Tuesday, 23 February 2021

Healthy Eating with Alec

 
I came across this on Facebook this morning and identified with it immediately.  I suspect none of my readers will share my reaction, all of you being so young that is.  However, I understood all of this.  What memories returned, childhood, games played, fears, the wireless and malnutrition.  All the good things we remember from the 'good old days' when everything was better!
Pasta we never had, though we might have occasionally had spaghetti, not something parents enjoyed dealing with when kids are around, and curry was something dad talked of connected to his two years service in Poona in the days of long ago.  Pizza was of course unknown.
'Smiths Crisps,' sometimes a whole big box full of them, came supplied with wee blue bags of salt, to sprinkle among the contents, several wee blue bags in the big box.   
Indeed, rice pudding and hardly ever real white rice.  Not that this would feed us mind.  Potato soup, bread to dunk, and spam fritters or fish and home cooked chips were mainstays.
'Camp Coffee,' I always liked that.  It was the only coffee we had, very pricey, and unusual but kept for company when they arrived.  There used to be an army officer with bright tartan braid on the front being served by an Indian servant.  This was changed and the servant became an Indian Officer about 30 years ago!  Never see it now.
'Heinz Beans,' though I remember 'Crosse & Blackwell' also existed.  Yoghurt however did not until I was well into secondry school, so about 1965 I would say.  I had one, rotten it was, and never had another for 25 years.
I do not know who wrote that but I understand it well.  They missed out gray ex-army blankets stamped WD, on the bed with your overcoat on top to help the warmth.  Jack Frost on the windows and pound, shilling and pence in your pocket.  Too many and you leant to one side.
 
   
The SNP struggle continues.  Having established his right to use information at his hearing Alec Salmond has now learned the Crown Office (friends with whom?) wishes some evidence to be withheld.  This is intriguing as this has already been published somewhere.  The games people play.  Who is behind this move, who benefits, who wins?  Find out in next weeks (or days) exciting chapter...


4 comments:

the fly in the web said...

I used to know people to whom that use of the car would have appeared normal....happy days!
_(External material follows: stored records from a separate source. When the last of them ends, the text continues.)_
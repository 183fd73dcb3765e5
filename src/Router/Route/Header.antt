-- ===== src/Router/Route/Header.antt =====
-- What stands in front of a message in transit: printed by `SendMsg` and `Forward`, read by `Route`.
use ratnet.Prelude.{
  ℕ, ◌+◌, ◌-◌, ◌*◌, ◌/◌, ◌%◌, ◌<◌, ◌≡◌, refl, ◌∙◌, Bool, true, false, ◌&&◌, [], ◌∷◌, ◌++◌, length,
  length-append, take-append, drop-append, leb, if◌then◌else◌, Bytes, none, arith, suc,
}
use ratnet.Go.{returned}
use ratnet.Api.{Msg, flags_of, name_prefix, rx_sum}
use ratnet.Router.Route.{flag_set, msg_of, parse_channel, parse}

-- The flags come apart again.
flag_set-flags_of :
    (x y z : Bool)
    → (flag_set (flags_of x y z) 4 ≡ x)
      × (flag_set (flags_of x y z) 2 ≡ y)
      × (flag_set (flags_of x y z) 1 ≡ z)
unfolding flag_set flags_of
flag_set-flags_of false false false = (refl, refl, refl)
flag_set-flags_of false false true = (refl, refl, refl)
flag_set-flags_of false true false = (refl, refl, refl)
flag_set-flags_of false true true = (refl, refl, refl)
flag_set-flags_of true false false = (refl, refl, refl)
flag_set-flags_of true false true = (refl, refl, refl)
flag_set-flags_of true true false = (refl, refl, refl)
flag_set-flags_of true true true = (refl, refl, refl)

-- What `Route` reads of a message.
abbrev pub read_msg : {Pub : Type 0} → Msg Pub → Bytes → Msg Pub
read_msg m content = record {
  name = if m.is_chan then m.name else [];
  content = content;
  is_chan = m.is_chan;
  pub_key = none;
  chunked = m.chunked;
  stream_header = m.stream_header;
}

parse_channel_lem :
    {Pub : Type 0} (flags : ℕ) (name content : Bytes)
    → length name < 65533
    → parse_channel {Pub = Pub} flags
        ((length name % 65536 / 256) ∷ (length name % 256) ∷ (name ++ content))
      ≡ returned (record { msg = msg_of flags true name content; idx = 3 + length name })
unfolding parse_channel
parse_channel_lem flags name content h =
    let n = length name in
    let whole : 256 * (n % 65536 / 256) + n % 256 ≡ n = omega (arith, h) in
    let end : (3 + n) % 65536 ≡ 3 + n = omega (arith, h) in
    let from : 3 + n - 3 ≡ n = omega arith in
    let fits : (leb 3 (3 + n) && leb (3 + n) (3 + length (name ++ content))) ≡ true =
      ground (arith, length-append name content) in
    rw (whole, end, fits, from, take-append name content, drop-append name content)

parse_chan :
    {Pub : Type 0} (flags : ℕ) (rest : Bytes)
    → flag_set flags 4 ≡ true
    → parse {Pub = Pub} (flags ∷ rest) ≡ parse_channel flags rest
unfolding parse
parse_chan flags rest h = rw h

parse_fields :
    {Pub : Type 0} (x y z : Bool) (name content : Bytes)
    → (x ≡ true → length name < 65533)
    → parse {Pub = Pub} (flags_of x y z ∷ (name_prefix x name ++ content))
      ≡ returned (record {
        msg = record {
          name = if x then name else [];
          content = content;
          is_chan = x;
          pub_key = none;
          chunked = y;
          stream_header = z;
        };
        idx = suc (length (name_prefix x name));
      })
unfolding parse name_prefix msg_of
parse_fields {Pub} true y z name content h =
    let (chan, part, head) = flag_set-flags_of true y z in
    let e : 3 + length name ≡ suc (suc (suc (length name))) = omega arith in
    let rest = name_prefix true name ++ content in
    let read = parse_channel_lem {Pub = Pub} (flags_of true y z) name content (h refl) in
    parse_chan (flags_of true y z) rest chan ∙ read ∙ rw (part, head, e)
parse_fields false y z name content h =
    let (chan, part, head) = flag_set-flags_of false y z in rw (chan, part, head)

-- The header of every message is read back, with the content behind it and where it begins. A
-- channel's name is shorter than 65533 bytes.
pub parse-rx_sum :
    {Pub : Type 0} (m : Msg Pub) (content : Bytes)
    → (m.is_chan ≡ true → length m.name < 65533)
    → parse {Pub = Pub} (rx_sum m ++ content)
      ≡ returned (record { msg = read_msg m content; idx = length (rx_sum m) })
unfolding rx_sum
parse-rx_sum m content h = parse_fields m.is_chan m.chunked m.stream_header m.name content h
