-- ===== src/Node/Laws.antt =====
-- What the operations of a node do to one another.
use ratnet.Prelude.{
  ◌<◌, ◌≡◌, refl, ap, ◌∙◌, Bool, true, false, some, none, [], ◌∷◌, ◌++◌, length, ltb, Bytes,
  bytes_eq, lookup, insert, lookup_inserted, if◌then◌else◌, lt→ltb,
}
use ratnet.Go.{Failure, returned, failed, panicked}
use ratnet.Api.{Msg, name_prefix, rx_sum}
use ratnet.Outbox.{append}
use ratnet.Streams.{out_buffer_size}
use ratnet.Router.Route.{parse}
use ratnet.Router.Route.Header.{read_msg, parse-rx_sum}
use ratnet.Node.{Crypto, World, Node}
use ratnet.Node.Admin.{channel_of, put_channel, add_channel}
use ratnet.Node.Profiles.{load_found, load_profile, add_profile}
use ratnet.Node.Sending.{enqueue_encrypted, send_whole_msg, forward}
use ratnet.Node.Receiving.{handle, key_for, handle_with, handle_opened, put_out, clear_msg}

-- The bytes that a message has in transit.
abbrev pub transit : {Pub : Type 0} → Msg Pub → Bytes → Bytes
transit m content = rx_sum m ++ content

named_twice :
    (b : Bool) (name : Bytes)
    → (if b then (if b then name else []) else []) ≡ (if b then name else [])
named_twice true name = refl
named_twice false name = refl

name_prefix_twice :
    (b : Bool) (name : Bytes) → name_prefix b (if b then name else []) ≡ name_prefix b name
unfolding name_prefix
name_prefix_twice true name = refl
name_prefix_twice false name = refl

module _ {Pub Priv : Type 0} (crypto : Crypto Pub Priv) (world : World) where
  -- A message that is not chunked, in the clear.
  handle_opened_plain :
      (m : Msg Pub) (content : Bytes) (node : Node Pub Priv)
      → m.chunked ≡ false
      → length node.store.out < out_buffer_size
      → handle_opened crypto m true (some content) node ≡ (
        returned true,
        record node {
          store = record node.store { out = node.store.out ++ clear_msg crypto m content ∷ [] };
        },
      )
  unfolding handle_opened put_out
  handle_opened_plain m content node plain room =
      let fits : ltb (length node.store.out) out_buffer_size ≡ true = lt→ltb _ _ room in
      rw (plain, fits)

  -- A message that `SendMsg` puts in the outbox, once a router has read it there, is handled by a
  -- node whose key opens it as the message that was sent: it is put on `Out`, where that has room,
  -- with the content in the clear. The message is not chunked; a channel's name is shorter than
  -- 65533 bytes.
  pub sent_is_handled :
      (m : Msg Pub) (sender receiver : Node Pub Priv) (content : Bytes) (key : Priv)
      → (m.is_chan ≡ true → length m.name < 65533)
      → m.chunked ≡ false
      → crypto.encrypt sender.ticks sender.content_key m.content m.pub_key ≡ some content
      → key_for crypto (read_msg m content) receiver ≡ some key
      → crypto.decrypt key content ≡ record { tag_ok = true; clear = some m.content }
      → length receiver.store.out < out_buffer_size
      → ((send_whole_msg crypto world m sender).1.outbox
          ≡ sender.outbox
            ++ record {
              channel = if m.is_chan then m.name else [];
              msg = transit m content;
              time_stamp = world.now sender.ticks;
            }
              ∷ [])
        × (parse {Pub = Pub} (transit m content)
            ≡ returned (record { msg = read_msg m content; idx = length (rx_sum m) }))
        × ((handle crypto (read_msg m content) receiver).0 ≡ returned true)
        × ((handle crypto (read_msg m content) receiver).1.store.out
            ≡ receiver.store.out ++ clear_msg crypto (read_msg m content) m.content ∷ [])
  unfolding send_whole_msg append handle
  sent_is_handled m sender receiver content key short plain enc k dec room =
      let read = read_msg m content in
      let handled =
        ap (λ o. handle_with crypto read o receiver) k
        ∙ ap (λ o. handle_opened crypto read o.tag_ok o.clear receiver) dec
        ∙ handle_opened_plain read m.content receiver plain room in
      (
        ap (λ o. (enqueue_encrypted crypto world m o sender).1.outbox) enc,
        parse-rx_sum m content short,
        ap (λ r. r.0) handled,
        ap (λ r. r.1.store.out) handled,
      )

  -- A message is forwarded as it came: read by the router and put in the outbox again, it has the
  -- same bytes.
  pub forward_transparent :
      (m : Msg Pub) (node : Node Pub Priv) (content : Bytes)
      → (m.is_chan ≡ true → length m.name < 65533)
      → (parse {Pub = Pub} (transit m content)
          ≡ returned (record { msg = read_msg m content; idx = length (rx_sum m) }))
        × ((forward crypto world (read_msg m content) node).1.outbox
            ≡ node.outbox
              ++ record {
                channel = if m.is_chan then m.name else [];
                msg = transit m content;
                time_stamp = world.now node.ticks;
              }
                ∷ [])
  unfolding forward append
  forward_transparent m node content short = (
    parse-rx_sum m content short,
    rw (named_twice m.is_chan m.name, name_prefix_twice m.is_chan m.name),
  )

module _ {Pub Priv : Type 0} (crypto : Crypto Pub Priv) where
  -- `LoadProfile` looks for the name among the channels. Where neither a channel nor a profile has
  -- the name: a profile of that name, once it is added, is not found, and a channel of that name,
  -- once it is added with a key that decodes, makes it panic.
  pub load_profile_added :
      (name key : Bytes) (fresh pk : Priv) (enabled : Bool) (node : Node Pub Priv)
      → lookup name node.channels ≡ none
      → lookup name node.profiles ≡ none
      → crypto.priv_from_b64 (crypto.clone node.content_key) key ≡ some pk
      → ((load_profile crypto name (add_profile crypto fresh name enabled node).1).0
          ≡ failed Failure.profile_not_found)
        × ((load_profile crypto name (add_channel crypto name key node).1).0 ≡ panicked)
  unfolding load_profile add_profile add_channel
  load_profile_added name key fresh pk enabled node no_channel no_profile decoded =
      let c = channel_of crypto name pk in
      let member : Node Pub Priv = record node { channels = insert name c node.channels } in
      let added = ap (λ o. put_channel crypto name o node) decoded in
      let hidden = (add_profile crypto fresh name enabled node).1 in
      (
        ap (λ o. (load_found crypto o (lookup name hidden.profiles) hidden).0) no_channel,
        ap (λ r. (load_profile crypto name r.1).0) added
            ∙ ap (λ o. (load_found crypto o (lookup name node.profiles) member).0)
                (lookup_inserted name c node.channels)
            ∙ ap (λ o. (load_found crypto (some c) o member).0) no_profile,
      )
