-- ===== src/Node/Runs.antt =====
-- Nodes with a plain stand-in for the key library, and the theorems at inputs that meet their
-- conditions.
mod Polls
use ratnet.Prelude.{
  ℕ, suc, ◌<◌, ◌≡◌, refl, true, false, Option, some, none, [], ◌∷◌, ◌++◌, length, arith, Bytes,
  bytes_eq, lookup, if◌then◌else◌, ◌==◌,
}
use ratnet.Go.{Failure, returned, failed, panicked}
use ratnet.Api.{Msg, rx_sum}
use ratnet.Streams.{out_buffer_size}
use ratnet.Router.Route.{parse}
use ratnet.Router.Route.Header.{read_msg}
use ratnet.Node.{Opened, Crypto, World, Node}
use ratnet.Node.Admin.{get_contact, add_contact, delete_contact, add_channel}
use ratnet.Node.Profiles.{add_profile, load_profile}
use ratnet.Node.Sending.{send_whole_msg, forward, send_channel}
use ratnet.Node.Receiving.{handle, key_for, clear_msg}
use ratnet.Node.Contacts.{contact_rules}
use ratnet.Node.Laws.{transit, sent_is_handled, forward_transparent, load_profile_added}

-- A key is a number, and a cipher text is the receiver's key and the clear text.
abbrev seal : Bytes → Option ℕ → Option Bytes
seal content none = none
seal content (some key) = some (key ∷ content)

abbrev unseal : ℕ → Bytes → Opened
unseal key [] = record { tag_ok = false; clear = none }
unseal key (k ∷ content) =
    if k == key
    then record { tag_ok = true; clear = some content }
    else record { tag_ok = false; clear = some [] }

abbrev number_of : Bytes → Option ℕ
number_of [] = none
number_of (k ∷ _) = some k

abbrev plain : Crypto ℕ ℕ
plain = record {
  get_pub = λ k. k;
  clone = λ k. k;
  pub_to_b64 = λ k. k ∷ [];
  pub_from_b64 = λ _. number_of;
  priv_to_b64 = λ k. k ∷ [];
  priv_from_b64 = λ _. number_of;
  validate_pub_key = λ _ bs. true;
  encrypt = λ _ _. seal;
  decrypt = unseal;
}

abbrev world : World
world = record { now = λ t. t; random_id = λ _. some (1 ∷ 2 ∷ 3 ∷ 4 ∷ []) }

abbrev fresh_node : ℕ → Node ℕ ℕ
fresh_node key = record {
  content_key = key;
  routing_key = suc key;
  channels = [];
  contacts = [];
  peers = [];
  profiles = [];
  outbox = [];
  store = record { streams = []; chunks = []; out = [] };
  limits = [];
  ticks = 0;
}

abbrev club : Bytes
club = 99 ∷ []

abbrev member : Node ℕ ℕ
member = (add_channel plain club (5 ∷ []) (fresh_node 20)).1

abbrev to_club : Msg ℕ
to_club = record {
  name = club;
  content = 104 ∷ 105 ∷ [];
  is_chan = true;
  pub_key = some 5;
  chunked = false;
  stream_header = false;
}

abbrev cipher : Bytes
cipher = 5 ∷ 104 ∷ 105 ∷ []

-- A node of the channel sends to it, through `SendChannel`.
sent :
    (send_channel plain world club (104 ∷ 105 ∷ []) none member).1.outbox
    ≡ record { channel = club; msg = rx_sum to_club ++ cipher; time_stamp = 0 } ∷ []
unfolding send_channel add_channel rx_sum
sent = refl

club_key : key_for plain (read_msg to_club cipher) member ≡ some 5
unfolding key_for add_channel
club_key = refl

room : length member.store.out < out_buffer_size
unfolding add_channel
room = omega arith

sent_is_handled_example :
    ((send_whole_msg plain world to_club (fresh_node 10)).1.outbox
      ≡ [] ++ record { channel = club; msg = transit to_club cipher; time_stamp = 0 } ∷ [])
    × (parse {Pub = ℕ} (transit to_club cipher)
        ≡ returned (record { msg = read_msg to_club cipher; idx = length (rx_sum to_club) }))
    × ((handle plain (read_msg to_club cipher) member).0 ≡ returned true)
    × ((handle plain (read_msg to_club cipher) member).1.store.out
        ≡ member.store.out ++ clear_msg plain (read_msg to_club cipher) to_club.content ∷ [])
sent_is_handled_example =
    sent_is_handled plain world to_club (fresh_node 10) member cipher 5 (λ _. omega arith) refl refl
      club_key refl room
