-- ===== src/Node/Runs/Polls.antt =====
-- A poll and a long message between nodes with a plain stand-in for the key library.
use ratnet.Prelude.{ℕ, zero, suc, ◌≡◌, refl, false, some, [], ◌∷◌, arith, Bytes}
use ratnet.Go.{returned}
use ratnet.Api.{Msg}
use ratnet.Wire.Parse.Structs.{Fits}
use ratnet.Wire.Write.{serialize, write_tlv, write_lv, write_slice, write_each, type_code}
use ratnet.Wire.Varint.{put_uvarint}
use ratnet.Wire.Value.{KeyCodec, KeyCodecLaws}
use ratnet.Wire.Calls.{bytes_bytes_to_bytes}
use ratnet.Outbox.{msgs_since}
use ratnet.Chunking.{chunk_size}
use ratnet.Chunking.Pieces.{stream_msgs, send_all}
use ratnet.Chunking.Sent.{cut}
use ratnet.Router.Recent.{new_recent_buffer}
use ratnet.Router.Route.{new_default_router}
use ratnet.Node.{Node}
use ratnet.Node.Sending.{send_msg}
use ratnet.Node.Receiving.{route_all, dropoff, pickup}
use ratnet.Node.Runs.{plain, world, fresh_node}
use ratnet.Node.Exchange.{pickup-dropoff}
use ratnet.Node.Cutting.{whole_sender, send_msg_cut}

abbrev keys : KeyCodec Bytes Bytes
keys = record {
  ecc_to_bytes = λ k. k;
  ecc_from_bytes = λ bs. some bs;
  rsa_to_bytes = λ k. k;
  rsa_from_bytes = λ bs. some bs;
}

abbrev keys_laws : KeyCodecLaws keys
keys_laws = record { ecc_reads_back = λ k. refl; rsa_reads_back = λ k. refl }

abbrev fill : ℕ → Bytes
fill zero = []
fill (suc n) = 7 ∷ fill n

abbrev waiting : Bytes
waiting = 0 ∷ fill 20

abbrev giver : Node ℕ ℕ
giver = record (fresh_node 1) {
  outbox = record { channel = []; msg = waiting; time_stamp = 9 } ∷ [];
}

given : msgs_since giver.outbox 3 0 [] ≡ returned (waiting ∷ [], 9)
unfolding msgs_since
given = refl

printed : Fits (bytes_bytes_to_bytes keys (waiting ∷ []))
unfolding bytes_bytes_to_bytes serialize write_tlv write_lv type_code put_uvarint write_slice
    write_each
printed = omega arith

abbrev cipher : Bytes
cipher = 2 ∷ bytes_bytes_to_bytes keys (waiting ∷ [])

pickup-dropoff_example :
    ((pickup plain world keys 2 3 0 [] giver).0 ≡ returned (record { payload = cipher; time = 9 }))
    × (dropoff plain world keys new_default_router
          (record { payload = cipher; time = 9 })
          (new_recent_buffer, fresh_node 1)
        ≡ route_all plain world new_default_router (waiting ∷ []) (new_recent_buffer, fresh_node 1))
pickup-dropoff_example =
    pickup-dropoff plain world keys new_default_router 2 3 0 9 [] giver (fresh_node 1)
      new_recent_buffer waiting [] cipher keys_laws given printed refl (omega arith) refl

abbrev long : Msg ℕ
long = record {
  name = [];
  content = fill 900;
  is_chan = false;
  pub_key = some 2;
  chunked = false;
  stream_header = false;
}

abbrev limited : Node ℕ ℕ
limited = record (fresh_node 1) { limits = 1000 ∷ [] }

limit : chunk_size limited.limits ≡ returned 868
unfolding chunk_size
limit = refl

send_msg_cut_example :
    send_msg plain world long limited
    ≡ send_all
        (whole_sender plain world)
        (stream_msgs long (1 ∷ 2 ∷ 3 ∷ 4 ∷ []) (cut 868 long.content))
        (record limited { ticks = 1 })
send_msg_cut_example =
    send_msg_cut plain world long limited 868 (1 ∷ 2 ∷ 3 ∷ 4 ∷ []) limit (omega arith) refl
      (omega arith) (omega arith) refl refl
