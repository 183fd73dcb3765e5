-- ===== src/Rpc/Numbers.antt =====
-- The API call numbers of api/actions.go.
use ratnet.Prelude.{ℕ, ◌≡◌, refl, Option, none, some, ◌==◌, if◌then◌else◌}

-- The constants of `Action`, which is a byte.
pub data Method : Type 0 where
  null id dropoff pickup cid get_contact get_contacts add_contact delete_contact : Method
  get_channel get_channels add_channel delete_channel get_profile get_profiles : Method
  add_profile delete_profile load_profile get_peer get_peers add_peer delete_peer : Method
  send send_channel : Method

unfoldable pub number : Method → ℕ
number Method.null = 0
number Method.id = 1
number Method.dropoff = 2
number Method.pickup = 3
number Method.cid = 16
number Method.get_contact = 17
number Method.get_contacts = 18
number Method.add_contact = 19
number Method.delete_contact = 20
number Method.get_channel = 21
number Method.get_channels = 22
number Method.add_channel = 23
number Method.delete_channel = 24
number Method.get_profile = 25
number Method.get_profiles = 26
number Method.add_profile = 27
number Method.delete_profile = 28
number Method.load_profile = 29
number Method.get_peer = 30
number Method.get_peers = 31
number Method.add_peer = 32
number Method.delete_peer = 33
number Method.send = 34
number Method.send_channel = 35

-- The constant that a number is, if any.
unfoldable pub method_of : ℕ → Option Method
method_of a =
    if a == 0
    then some Method.null
    else if a == 1
    then some Method.id
    else if a == 2
    then some Method.dropoff
    else if a == 3
    then some Method.pickup
    else if a == 16
    then some Method.cid
    else if a == 17
    then some Method.get_contact
    else if a == 18
    then some Method.get_contacts
    else if a == 19
    then some Method.add_contact
    else if a == 20
    then some Method.delete_contact
    else if a == 21
    then some Method.get_channel
    else if a == 22
    then some Method.get_channels
    else if a == 23
    then some Method.add_channel
    else if a == 24
    then some Method.delete_channel
    else if a == 25
    then some Method.get_profile
    else if a == 26
    then some Method.get_profiles
    else if a == 27
    then some Method.add_profile
    else if a == 28
    then some Method.delete_profile
    else if a == 29
    then some Method.load_profile
    else if a == 30
    then some Method.get_peer
    else if a == 31
    then some Method.get_peers
    else if a == 32
    then some Method.add_peer
    else if a == 33
    then some Method.delete_peer
    else if a == 34
    then some Method.send
    else if a == 35
    then some Method.send_channel
    else none

pub method_of-number : (m : Method) → method_of (number m) ≡ some m
unfolding method_of number
method_of-number Method.null = refl
method_of-number _ = refl
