-- ===== src/Rpc.antt =====
-- The dispatch of remote calls, nodes/rpc.go: what it calls of a node, its tests on arguments, and
-- `PublicRPC`.
pub mod Numbers
pub mod Admin
pub mod Types
use ratnet.Prelude.{ℕ, Bool, Option, none, some, List, [], ◌∷◌, Bytes, if◌then◌else◌}
use ratnet.Go.{Failure, Action, pure, fail, ◌>>=◌, ◌>>◌}
use ratnet.Wire.Value.{Value, Values, end, item, PubKey, Contact, Channel, Profile, Peer, Bundle}
use ratnet.Wire.Calls.{RemoteCall}
use ratnet.Rpc.Numbers.{Method, method_of}

-- The operations of `api.Node` that can be called from afar. A pointer that may be nil is an Option,
-- and `nil_key` is the test `i == i.Nil()`.
pub record NodeApi (S Ecc Rsa : Type 0) : Type 0 where
  pub nil_key : PubKey Ecc Rsa → Bool
  pub id : Action S (PubKey Ecc Rsa)
  pub dropoff : Bundle → Action S Unit
  pub pickup : PubKey Ecc Rsa → ℕ → ℕ → List Bytes → Action S Bundle
  pub cid : Action S (PubKey Ecc Rsa)
  pub get_contact : Bytes → Action S (Option Contact)
  pub get_contacts : Action S (List Contact)
  pub add_contact : Bytes → Bytes → Action S Unit
  pub delete_contact : Bytes → Action S Unit
  pub get_channel : Bytes → Action S (Option Channel)
  pub get_channels : Action S (List Channel)
  pub add_channel : Bytes → Bytes → Action S Unit
  pub delete_channel : Bytes → Action S Unit
  pub get_profile : Bytes → Action S (Option Profile)
  pub get_profiles : Action S (List Profile)
  pub add_profile : Bytes → Bool → Action S Unit
  pub delete_profile : Bytes → Action S Unit
  pub load_profile : Bytes → Action S (Option (PubKey Ecc Rsa))
  pub get_peer : Bytes → Action S (Option Peer)
  pub get_peers : List Bytes → Action S (List Peer)
  pub add_peer : Bytes → Bool → Bytes → List Bytes → Action S Unit
  pub delete_peer : Bytes → Action S Unit
  pub send : Bytes → Bytes → Option (PubKey Ecc Rsa) → Action S Unit
  pub send_channel : Bytes → Bytes → Option (PubKey Ecc Rsa) → Action S Unit

-- What a call answers.
abbrev pub Answer : Type 0 → Type 0 → Type 0 → Type 0
Answer S Ecc Rsa = Action S (Value Ecc Rsa)

module _ {S A Ecc Rsa : Type 0} where
  -- `len(call.Args) < 1`, and then the first argument and the others.
  unfoldable pub with_one :
      Values Ecc Rsa → (Value Ecc Rsa → Values Ecc Rsa → Action S A) → Action S A
  with_one end k = fail Failure.invalid_argument_count
  with_one (item a args) k = k a args

  -- `len(call.Args) < 2`
  unfoldable pub with_two :
      Values Ecc Rsa → (Value Ecc Rsa → Value Ecc Rsa → Values Ecc Rsa → Action S A) → Action S A
  with_two end k = fail Failure.invalid_argument_count
  with_two (item a end) k = fail Failure.invalid_argument_count
  with_two (item a (item b args)) k = k a b args

  -- `len(call.Args) < 3`
  unfoldable pub with_three :
      Values Ecc Rsa
      → (Value Ecc Rsa → Value Ecc Rsa → Value Ecc Rsa → Values Ecc Rsa → Action S A)
      → Action S A
  with_three end k = fail Failure.invalid_argument_count
  with_three (item a end) k = fail Failure.invalid_argument_count
  with_three (item a (item b end)) k = fail Failure.invalid_argument_count
  with_three (item a (item b (item c args))) k = k a b c args

  -- `.(string)`, `.([]byte)`, `.(int64)`, `.(api.Bundle)` and `.(bc.PubKey)`, with ok.
  unfoldable pub with_string : Failure → Value Ecc Rsa → (Bytes → Action S A) → Action S A
  with_string e (Value.string s) k = k s
  with_string e _ k = fail e

  unfoldable pub with_bytes : Value Ecc Rsa → (Bytes → Action S A) → Action S A
  with_bytes (Value.bytes bs) k = k bs
  with_bytes _ k = fail Failure.invalid_argument

  unfoldable pub with_int64 : Failure → Value Ecc Rsa → (ℕ → Action S A) → Action S A
  with_int64 e (Value.int64 n) k = k n
  with_int64 e _ k = fail e

  unfoldable pub with_bundle : Value Ecc Rsa → (Bundle → Action S A) → Action S A
  with_bundle (Value.bundle b) k = k b
  with_bundle _ k = fail Failure.invalid_argument

  unfoldable pub with_key : Failure → Value Ecc Rsa → (PubKey Ecc Rsa → Action S A) → Action S A
  with_key e (Value.pub_key key) k = k key
  with_key e _ k = fail e

  -- The loop over the arguments that are left, which are all to be strings.
  unfoldable pub with_strings : Failure → Values Ecc Rsa → (List Bytes → Action S A) → Action S A
  unfolding with_string
  with_strings e end k = k []
  with_strings e (item a args) k = with_string e a λ s. with_strings e args λ ss. k (s ∷ ss)

module _ {S Ecc Rsa : Type 0} where
  -- An answer of nil.
  unfoldable pub done : Action S Unit → Answer S Ecc Rsa
  done act = act >> pure Value.nil

  module _ (node : NodeApi S Ecc Rsa) where
    unfoldable pub answer_id : PubKey Ecc Rsa → Answer S Ecc Rsa
    answer_id i = if node.nil_key i then fail Failure.no_routing_key else pure (Value.pub_key i)

    unfoldable pub public_method : ℕ → Option Method → Values Ecc Rsa → Answer S Ecc Rsa
    unfolding answer_id with_one with_two with_key with_int64 with_strings with_bundle done
    public_method byte_limit (some Method.id) args = node.id >>= answer_id
    public_method byte_limit (some Method.pickup) args = with_two args λ a b names.
        with_key Failure.invalid_argument_1 a λ rpk. with_int64 Failure.invalid_argument_2 b λ i.
          with_strings Failure.invalid_argument_3 names
            λ xargs. node.pickup rpk i byte_limit xargs >>= λ bundle. pure (Value.bundle bundle)
    public_method byte_limit (some Method.dropoff) args =
        with_one args λ a _. with_bundle a λ bundle. done (node.dropoff bundle)
    public_method byte_limit _ args = fail Failure.no_such_method

    -- `byte_limit` is the transport's.
    unfoldable pub public_rpc : ℕ → RemoteCall Ecc Rsa → Answer S Ecc Rsa
    unfolding public_method method_of
    public_rpc byte_limit call = public_method byte_limit (method_of call.action) call.args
Leo remembers those army blankets...made, appropriately enough, from shoddy. They were heavy but gave no warmth but to this day he needs a heavy coverlet to get off to sleep.

His first Saturday job as a lad of about seven - yes, I know, but this was Wales - was putting salt into blue paper twists and then doing up the bags of crisps with a stapler....clearly he did not work for Smiths!
Frost on the inside of the window panes...all too common...as was trying not to burn your fingers on the penny you had heated to apply to it.! Never had enough coins to imitate the leaning tower of Pisa, though...

The Salmond evidence has to be blocked at all costa, it seems....at the moment his lawyers donlt want him to appear in case he is stitched up for something else he hasn't done...interesting times!

Jenny Woolf said...

YOu'll be glad (???) to know that Camp Coffee is still going. Sadly in a plastic bottle, and new lettering. What's the matter with these people? I found an even older image for it than you describe, and it's a Scottish one, too! https://www.pinterest.co.uk/pin/17451517282035926/

Dave said...

They all ring a bell with me Mr A. No elbows on the table and having to ask to leave the table. Also having to use a knife and fork properly.

Adullamite said...

Fly, Aye, the Salmond case has a lot to uncover. Stapling crisp packets? A good career move? Those blankets were not warm, and I expect dad brought one home everytime he had leave while in the army!

Jenny, Great picture! 'Camp' must be a seller in the better shops.

Dave, Knife and fork, sloppy eating means I have forgotten all those rules.